Prefer to use table saw for woods that tend to splinter easy, like; Zebra wood, Wenge, or BB plywood; or when I have pile of drawer boxes to build and want avoid need to stop and clean ply adhesive off the router bit in middle of job. 
IME - Cutting angles on router tend to create larger splinter or edge tear out in chip prone materials. Talking kinds of woods that chip out even with fresh MDF backer board and tight board clamping. Probably never notice the saw .vs. router difference with cherry or maple, but run any hardwood that fractures easily and see a difference. Need to use a spiral fluted cutter on router for best cut quality. See less difference in tear out if use a 1 flute spiral bit .vs. conventional 2 flute spiral bit.

YMMV


----------



## Heyoka (Oct 21, 2018)

I have only used the table saw for box joints of all sizes. To prevent tear out use a backer board.


----------



## Chashint (Aug 14, 2016)

A long time ago I built a couple of router table box joint sleds 3/8" & 1/2" and they work very well.
After I got the FTG blade I built a 1/8" box joint sled for the table saw and it works well too.


----------



## bear2 (Sep 14, 2009)

I want to thank everyone for their input. It seems that using a TS dado for lg joints and a router might be the way to go.


----------



## rizzo (Dec 21, 2014)

Mark me down in the tablesaw list. I feel like it is mush faster and I can handle lager material if necessary. Lots of good points made in the replies above. Most important is that you need blades with a flat grind. The "ears" others mentioned will indeed cause issues with the final look of the joint.

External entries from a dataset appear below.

-- ===== src/Stats/Messages/Bounds.antt =====
-- The stores of the records stay inside the arrays, and the number of records below both limits.
use aeron_fast.Base.{
  ℕ, ◌≤◌, ◌<◌, ◌≡◌, inl, inr, Bool, true, false, List, arith, length, ltb, if◌then◌else◌, IsU64,
  Bool-cases, All, All-get_elem?, All-set, All-replicate, lt-get_elem?,
}
use aeron_fast.Stats.Defs.{PerformanceStats, detailed_record_count}
use aeron_fast.Stats.{compare_exchange}
use aeron_fast.Stats.Messages.{
  Delivery, latency, Place, Pc, proceed, exec, recording, System, drawn_after, call, run, start,
  Reach, here, next,
}
use aeron_fast.Stats.Messages.Indices.{IsDrawn, Reach-IsIndexed, Step-small, drawn_after_le}

-- A call that is about to store a part of its record, or the number of records, has an index with
-- room.
abbrev IsRoomy : ℕ → Place → Type 0
IsRoomy i Place.storing_send = i < detailed_record_count
IsRoomy i Place.storing_receive = i < detailed_record_count
IsRoomy i Place.storing_latency = i < detailed_record_count
IsRoomy i Place.storing_count = i < detailed_record_count
IsRoomy i p = Unit {0}

abbrev pub StoresInside : Pc → Type 0
StoresInside (Pc.inside p d i) = IsRoomy i p
StoresInside pc = Unit {0}

recording-IsRoomy : (i : ℕ) → IsRoomy i (recording i)
recording-IsRoomy i = elim (Bool-cases (ltb i detailed_record_count)) [
  | inl p ↦ rw p (ground arith)
  | inr p ↦ rw p tt
]

loop-IsRoomy :
    (i : ℕ) (success : Bool) (out again : Place)
    → IsRoomy i out
    → IsRoomy i again
    → IsRoomy i (if success then out else again)
loop-IsRoomy i true out again p q = p
loop-IsRoomy i false out again p q = q

proceed-StoresInside :
    (p : Place) (d : Delivery) (i : ℕ) (m : PerformanceStats)
    → IsRoomy i p
    → StoresInside (proceed p d i m).0
unfolding proceed
proceed-StoresInside Place.dating_first d i m h = tt
proceed-StoresInside Place.dating_last d i m h = tt
proceed-StoresInside Place.totalling d i m h = tt
proceed-StoresInside Place.loading_min d i m h = tt
proceed-StoresInside (Place.lowering c) d i m h =
    let x = compare_exchange m.counters.min_latency c (latency d) in
    elim (Bool-cases (ltb (latency d) c)) [
      | inl p ↦ rw p (loop-IsRoomy i x.success Place.naming_index (Place.lowering x.expected) tt tt)
      | inr p ↦ rw p tt
    ]
proceed-StoresInside Place.naming_index d i m h = tt
proceed-StoresInside Place.naming_send d i m h = tt
proceed-StoresInside Place.naming_receive d i m h = tt
proceed-StoresInside Place.loading_max d i m h = tt
proceed-StoresInside (Place.raising c) d i m h =
    let x = compare_exchange m.counters.max_latency c (latency d) in
    elim (Bool-cases (ltb c (latency d))) [
      | inl p ↦ rw p (
          loop-IsRoomy i x.success (recording i) (Place.raising x.expected) (recording-IsRoomy i)
            tt)
      | inr p ↦ rw p (recording-IsRoomy i)
    ]
proceed-StoresInside Place.storing_send d i m h = h
proceed-StoresInside Place.storing_receive d i m h = h
proceed-StoresInside Place.storing_latency d i m h = h
proceed-StoresInside Place.storing_count d i m h = tt
proceed-StoresInside Place.bucketing d i m h = tt

exec-StoresInside : (pc : Pc) (m : PerformanceStats) → StoresInside pc → StoresInside (exec pc m).0
unfolding exec
exec-StoresInside Pc.idle m h = tt
exec-StoresInside (Pc.drawing d) m h = tt
exec-StoresInside (Pc.inside p d i) m h = proceed-StoresInside p d i m h

-- At every moment, whatever the order, no thread is about to write past the end of an array.
pub Reach-StoresInside :
    (n : ℕ) (memory : PerformanceStats) {s : System}
    → Reach (start n memory) s
    → All StoresInside s.threads
Reach-StoresInside n memory here = All-replicate StoresInside n Pc.idle tt
Reach-StoresInside n memory (next {t} r (call i d e)) =
    All-set StoresInside t.threads i (Pc.drawing d) tt (Reach-StoresInside n memory r)
Reach-StoresInside n memory (next {t} r (run i pc e)) =
    let before = Reach-StoresInside n memory r in
    All-set StoresInside t.threads i (exec pc t.memory).0
      (exec-StoresInside pc t.memory (All-get_elem? StoresInside t.threads i pc e before)) before

-- The number of records is that of the start, or an index with room and its draw.
abbrev IsBounded : List Delivery → PerformanceStats → Type 0
IsBounded drawn m =
    (m.records.recorded_count ≤ detailed_record_count) × (m.records.recorded_count ≤ length drawn)

proceed-IsBounded :
    (p : Place) (d : Delivery) (i : ℕ) (m : PerformanceStats) (drawn : List Delivery)
    → IsRoomy i p
    → i < length drawn
    → IsBounded drawn m
    → IsBounded drawn (proceed p d i m).1
unfolding proceed
proceed-IsBounded Place.storing_count d i m drawn room small h = (omega arith, omega arith)
proceed-IsBounded p d i m drawn room small h = ground arith

exec-IsBounded :
    (pc : Pc) (m : PerformanceStats) (drawn : List Delivery)
    → StoresInside pc
    → IsDrawn drawn pc
    → IsBounded drawn m
    → IsBounded (drawn_after pc drawn) (exec pc m).1
unfolding exec
exec-IsBounded Pc.idle m drawn room own h = h
exec-IsBounded (Pc.drawing d) m drawn room own h =
    (h.0, omega (arith, drawn_after_le (Pc.drawing d) drawn))
exec-IsBounded (Pc.inside p d i) m drawn room own h =
    proceed-IsBounded p d i m drawn room (lt-get_elem? drawn i d own) h

-- At every moment there are no more records than slots, and no more than calls that have drawn.
pub Reach-IsBounded :
    (n : ℕ) (memory : PerformanceStats) {s : System}
    → memory.counters.message_count ≡ 0
    → memory.records.recorded_count ≡ 0
    → Reach (start n memory) s
    → IsU64 (length s.drawn)
    → (s.memory.records.recorded_count ≤ detailed_record_count)
      × (s.memory.records.recorded_count ≤ length s.drawn)
Reach-IsBounded n memory zeroed none_yet here small = (omega arith, omega arith)
Reach-IsBounded n memory zeroed none_yet (next {t} r (call i d e)) small =
    Reach-IsBounded n memory zeroed none_yet r small
Reach-IsBounded n memory zeroed none_yet (next {t} r (run i pc e)) small =
    let few = Step-small {s = t} (run i pc e) small in
    exec-IsBounded pc t.memory t.drawn
      (All-get_elem? StoresInside t.threads i pc e (Reach-StoresInside n memory r))
      (All-get_elem? (IsDrawn t.drawn) t.threads i pc e
        (Reach-IsIndexed n memory zeroed r few).indices)
      (Reach-IsBounded n memory zeroed none_yet r few)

Another aspect that pushes me in the tablesaw direction is "sound". Cutting box joints is not a quick process. (It can be, but I find that I usually make lots of boxes or drawers or whatnot, never just one item). With that said I don't want to listen to the high pitch whine of a router cutting into wood for that long. That is just personal preference and not a great reason to use a tablesaw over a router, but just my thoughts.


----------